> _Directions for this task_: Set down word for word the lines that begin the entries and run through the line containing "unfoldable pub macro_name : Pattern". Give nothing further.

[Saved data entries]
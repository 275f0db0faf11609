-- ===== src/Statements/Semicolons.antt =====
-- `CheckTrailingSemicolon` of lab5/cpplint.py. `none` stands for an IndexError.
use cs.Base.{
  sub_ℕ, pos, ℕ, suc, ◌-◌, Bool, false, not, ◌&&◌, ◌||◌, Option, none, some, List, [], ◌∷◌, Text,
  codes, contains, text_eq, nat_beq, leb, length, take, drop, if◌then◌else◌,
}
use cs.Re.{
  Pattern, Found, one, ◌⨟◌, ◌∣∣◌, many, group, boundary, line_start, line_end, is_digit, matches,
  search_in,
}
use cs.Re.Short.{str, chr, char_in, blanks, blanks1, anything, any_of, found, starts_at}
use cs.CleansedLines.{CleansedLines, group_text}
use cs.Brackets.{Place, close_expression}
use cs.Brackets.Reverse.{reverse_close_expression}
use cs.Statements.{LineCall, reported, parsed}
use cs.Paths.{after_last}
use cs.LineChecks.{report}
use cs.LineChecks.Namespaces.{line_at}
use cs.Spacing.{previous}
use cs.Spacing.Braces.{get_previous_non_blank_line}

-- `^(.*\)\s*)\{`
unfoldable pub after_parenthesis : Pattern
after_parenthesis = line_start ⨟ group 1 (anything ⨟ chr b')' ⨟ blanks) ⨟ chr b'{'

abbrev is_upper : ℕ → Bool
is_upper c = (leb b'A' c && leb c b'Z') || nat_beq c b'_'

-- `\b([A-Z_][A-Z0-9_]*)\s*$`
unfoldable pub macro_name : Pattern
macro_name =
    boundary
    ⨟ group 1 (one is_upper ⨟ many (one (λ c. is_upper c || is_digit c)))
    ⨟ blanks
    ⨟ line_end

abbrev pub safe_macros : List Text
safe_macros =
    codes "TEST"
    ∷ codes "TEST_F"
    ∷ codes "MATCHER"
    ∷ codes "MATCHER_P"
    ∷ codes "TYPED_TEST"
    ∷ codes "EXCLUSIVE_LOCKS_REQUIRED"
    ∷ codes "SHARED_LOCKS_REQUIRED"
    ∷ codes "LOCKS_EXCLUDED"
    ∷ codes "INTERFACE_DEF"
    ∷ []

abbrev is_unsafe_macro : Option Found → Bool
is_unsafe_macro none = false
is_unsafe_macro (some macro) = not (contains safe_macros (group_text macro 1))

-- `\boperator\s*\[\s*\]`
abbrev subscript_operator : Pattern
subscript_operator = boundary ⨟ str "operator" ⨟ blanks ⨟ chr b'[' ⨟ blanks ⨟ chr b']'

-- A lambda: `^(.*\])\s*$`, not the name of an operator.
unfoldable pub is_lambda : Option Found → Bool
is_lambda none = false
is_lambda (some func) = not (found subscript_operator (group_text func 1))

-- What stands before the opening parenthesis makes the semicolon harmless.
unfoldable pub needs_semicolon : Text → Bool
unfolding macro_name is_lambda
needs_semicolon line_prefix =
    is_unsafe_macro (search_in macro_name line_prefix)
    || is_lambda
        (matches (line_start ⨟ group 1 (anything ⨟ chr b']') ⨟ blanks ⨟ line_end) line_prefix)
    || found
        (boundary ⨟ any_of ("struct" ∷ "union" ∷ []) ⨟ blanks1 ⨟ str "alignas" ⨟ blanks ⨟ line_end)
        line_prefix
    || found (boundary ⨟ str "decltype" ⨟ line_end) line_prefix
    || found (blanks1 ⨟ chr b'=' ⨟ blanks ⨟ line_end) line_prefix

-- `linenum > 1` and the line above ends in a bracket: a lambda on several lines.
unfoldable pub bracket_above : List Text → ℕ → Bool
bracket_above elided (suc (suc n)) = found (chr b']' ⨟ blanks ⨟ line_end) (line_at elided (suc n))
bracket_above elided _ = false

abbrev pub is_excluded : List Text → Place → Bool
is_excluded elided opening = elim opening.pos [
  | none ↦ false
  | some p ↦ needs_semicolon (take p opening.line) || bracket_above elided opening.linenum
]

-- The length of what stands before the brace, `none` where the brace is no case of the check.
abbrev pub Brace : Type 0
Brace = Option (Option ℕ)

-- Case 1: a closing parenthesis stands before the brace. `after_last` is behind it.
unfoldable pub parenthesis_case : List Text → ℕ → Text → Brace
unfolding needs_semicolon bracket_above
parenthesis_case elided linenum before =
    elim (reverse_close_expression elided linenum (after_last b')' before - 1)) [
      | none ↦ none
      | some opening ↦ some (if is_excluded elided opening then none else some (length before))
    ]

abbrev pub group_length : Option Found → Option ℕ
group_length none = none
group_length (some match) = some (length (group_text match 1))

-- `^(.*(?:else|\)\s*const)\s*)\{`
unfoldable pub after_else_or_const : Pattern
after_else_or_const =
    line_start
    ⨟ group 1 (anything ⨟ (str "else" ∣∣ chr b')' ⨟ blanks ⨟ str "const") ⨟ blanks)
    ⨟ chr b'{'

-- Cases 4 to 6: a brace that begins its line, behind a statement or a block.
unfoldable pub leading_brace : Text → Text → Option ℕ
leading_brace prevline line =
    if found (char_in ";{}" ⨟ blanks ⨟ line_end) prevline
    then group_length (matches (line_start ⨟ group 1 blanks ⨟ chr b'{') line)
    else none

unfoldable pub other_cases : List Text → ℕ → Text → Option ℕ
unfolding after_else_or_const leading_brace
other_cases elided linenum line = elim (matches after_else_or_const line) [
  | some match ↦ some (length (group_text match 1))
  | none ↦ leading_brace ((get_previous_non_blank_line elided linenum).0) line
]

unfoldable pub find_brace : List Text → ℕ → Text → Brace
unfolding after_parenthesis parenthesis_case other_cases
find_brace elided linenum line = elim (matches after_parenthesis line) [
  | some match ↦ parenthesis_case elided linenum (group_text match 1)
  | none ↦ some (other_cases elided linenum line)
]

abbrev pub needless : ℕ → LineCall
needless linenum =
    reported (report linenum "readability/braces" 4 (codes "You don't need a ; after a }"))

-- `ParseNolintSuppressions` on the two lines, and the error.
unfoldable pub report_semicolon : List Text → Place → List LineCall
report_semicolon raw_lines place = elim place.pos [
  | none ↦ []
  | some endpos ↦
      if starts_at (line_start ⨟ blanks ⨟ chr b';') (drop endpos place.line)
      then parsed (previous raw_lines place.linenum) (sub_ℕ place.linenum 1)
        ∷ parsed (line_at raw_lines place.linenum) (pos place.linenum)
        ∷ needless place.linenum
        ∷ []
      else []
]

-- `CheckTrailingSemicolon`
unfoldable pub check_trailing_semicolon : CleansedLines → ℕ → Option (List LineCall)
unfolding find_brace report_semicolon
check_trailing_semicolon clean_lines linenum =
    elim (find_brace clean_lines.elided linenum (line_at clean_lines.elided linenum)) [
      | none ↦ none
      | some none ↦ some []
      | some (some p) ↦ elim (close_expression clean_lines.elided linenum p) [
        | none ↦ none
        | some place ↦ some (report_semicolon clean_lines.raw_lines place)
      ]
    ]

> _Task solution_:
repository 275f0db0faf11609
-- ===== src/Statements/Semicolons.antt =====
-- `CheckTrailingSemicolon` of lab5/cpplint.py. `none` stands for an IndexError.
use cs.Base.{
  sub_ℕ, pos, ℕ, suc, ◌-◌, Bool, false, not, ◌&&◌, ◌||◌, Option, none, some, List, [], ◌∷◌, Text,
  codes, contains, text_eq, nat_beq, leb, length, take, drop, if◌then◌else◌,
}
use cs.Re.{
  Pattern, Found, one, ◌⨟◌, ◌∣∣◌, many, group, boundary, line_start, line_end, is_digit, matches,
  search_in,
}
use cs.Re.Short.{str, chr, char_in, blanks, blanks1, anything, any_of, found, starts_at}
use cs.CleansedLines.{CleansedLines, group_text}
use cs.Brackets.{Place, close_expression}
use cs.Brackets.Reverse.{reverse_close_expression}
use cs.Statements.{LineCall, reported, parsed}
use cs.Paths.{after_last}
use cs.LineChecks.{report}
use cs.LineChecks.Namespaces.{line_at}
use cs.Spacing.{previous}
use cs.Spacing.Braces.{get_previous_non_blank_line}

-- `^(.*\)\s*)\{`
unfoldable pub after_parenthesis : Pattern
after_parenthesis = line_start ⨟ group 1 (anything ⨟ chr b')' ⨟ blanks) ⨟ chr b'{'

abbrev is_upper : ℕ → Bool
is_upper c = (leb b'A' c && leb c b'Z') || nat_beq c b'_'

-- `\b([A-Z_][A-Z0-9_]*)\s*$`
unfoldable pub macro_name : Pattern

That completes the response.